* EXERCISE DETAILS: Transcribe the listing below only from the line with "its oldest message." up to and including the line with "-- join hook".

* DATA FOR THIS TASK:
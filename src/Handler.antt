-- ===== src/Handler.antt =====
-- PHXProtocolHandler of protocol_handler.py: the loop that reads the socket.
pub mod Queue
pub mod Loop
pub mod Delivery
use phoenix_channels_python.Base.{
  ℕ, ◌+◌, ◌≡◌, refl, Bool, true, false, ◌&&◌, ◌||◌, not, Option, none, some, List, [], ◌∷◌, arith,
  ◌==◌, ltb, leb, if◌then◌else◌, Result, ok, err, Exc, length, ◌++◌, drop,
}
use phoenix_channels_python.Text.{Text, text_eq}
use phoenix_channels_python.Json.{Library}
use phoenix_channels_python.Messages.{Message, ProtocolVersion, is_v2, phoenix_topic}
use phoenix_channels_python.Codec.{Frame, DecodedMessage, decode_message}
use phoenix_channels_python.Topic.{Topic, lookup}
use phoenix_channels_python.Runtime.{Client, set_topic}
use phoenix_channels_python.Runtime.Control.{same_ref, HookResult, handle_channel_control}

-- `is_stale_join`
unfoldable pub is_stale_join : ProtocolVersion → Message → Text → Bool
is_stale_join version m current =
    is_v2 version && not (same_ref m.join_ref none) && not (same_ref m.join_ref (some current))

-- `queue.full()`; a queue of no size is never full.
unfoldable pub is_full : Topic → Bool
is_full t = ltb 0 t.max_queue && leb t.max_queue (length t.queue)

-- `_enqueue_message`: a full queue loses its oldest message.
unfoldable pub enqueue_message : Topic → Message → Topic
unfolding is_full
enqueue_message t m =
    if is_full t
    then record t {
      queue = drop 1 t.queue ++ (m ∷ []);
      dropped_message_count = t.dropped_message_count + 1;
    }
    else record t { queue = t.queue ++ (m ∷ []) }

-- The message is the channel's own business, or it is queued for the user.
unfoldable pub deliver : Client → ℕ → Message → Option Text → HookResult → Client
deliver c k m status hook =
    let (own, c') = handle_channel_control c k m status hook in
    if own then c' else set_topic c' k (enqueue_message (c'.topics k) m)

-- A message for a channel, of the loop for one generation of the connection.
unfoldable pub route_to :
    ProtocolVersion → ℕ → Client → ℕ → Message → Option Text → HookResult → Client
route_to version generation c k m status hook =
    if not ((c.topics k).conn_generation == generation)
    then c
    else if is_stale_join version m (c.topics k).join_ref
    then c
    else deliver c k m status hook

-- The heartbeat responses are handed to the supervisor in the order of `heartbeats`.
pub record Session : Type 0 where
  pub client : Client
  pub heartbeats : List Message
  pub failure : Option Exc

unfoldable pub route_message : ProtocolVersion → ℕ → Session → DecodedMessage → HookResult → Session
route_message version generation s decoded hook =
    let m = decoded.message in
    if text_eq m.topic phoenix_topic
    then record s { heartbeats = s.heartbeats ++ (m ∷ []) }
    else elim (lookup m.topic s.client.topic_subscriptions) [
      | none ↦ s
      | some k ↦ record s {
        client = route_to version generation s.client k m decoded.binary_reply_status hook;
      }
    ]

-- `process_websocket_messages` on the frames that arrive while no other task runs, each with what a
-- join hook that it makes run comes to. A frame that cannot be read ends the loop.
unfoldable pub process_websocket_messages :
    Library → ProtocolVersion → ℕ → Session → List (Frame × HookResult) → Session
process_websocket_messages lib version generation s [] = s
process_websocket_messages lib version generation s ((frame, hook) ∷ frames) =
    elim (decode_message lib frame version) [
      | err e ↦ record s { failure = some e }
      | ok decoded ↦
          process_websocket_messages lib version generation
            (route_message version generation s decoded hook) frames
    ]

* SOLUTION TO THIS EXERCISE:
-- `_enqueue_message`: a full queue loses its oldest message.
unfoldable pub enqueue_message : Topic → Message → Topic
unfolding is_full
enqueue_message t m =
    if is_full t
    then record t {
      queue = drop 1 t.queue ++ (m ∷ []);
      dropped_message_count = t.dropped_message_count + 1;
    }
    else record t { queue = t.queue ++ (m ∷ []) }

-- The message is the channel's own business, or it is queued for the user.
unfoldable pub deliver : Client → ℕ → Message → Option Text → HookResult → Client
deliver c k m status hook =
    let (own, c') = handle_channel_control c k m status hook in
    if own then c' else set_topic c' k (enqueue_message (c'.topics k) m)

-- A message for a channel, of the loop for one generation of the connection.
unfoldable pub route_to :
    ProtocolVersion → ℕ → Client → ℕ → Message → Option Text → HookResult → Client
route_to version generation c k m status hook =
    if not ((c.topics k).conn_generation == generation)
    then c
    else if is_stale_join version m (c.topics k).join_ref
    then c
    else deliver c k m status hook

-- The heartbeat responses are handed to the supervisor in the order of `heartbeats`.
pub record Session : Type 0 where
  pub client : Client
  pub heartbeats : List Message
  pub failure : Option Exc

unfoldable pub route_message : ProtocolVersion → ℕ → Session → DecodedMessage → HookResult → Session
route_message version generation s decoded hook =
    let m = decoded.message in
    if text_eq m.topic phoenix_topic
    then record s { heartbeats = s.heartbeats ++ (m ∷ []) }
    else elim (lookup m.topic s.client.topic_subscriptions) [
      | none ↦ s
      | some k ↦ record s {
        client = route_to version generation s.client k m decoded.binary_reply_status hook;
      }
    ]

-- `process_websocket_messages` on the frames that arrive while no other task runs, each with what a
-- join hook that it makes run comes to. A frame that cannot be read ends the loop.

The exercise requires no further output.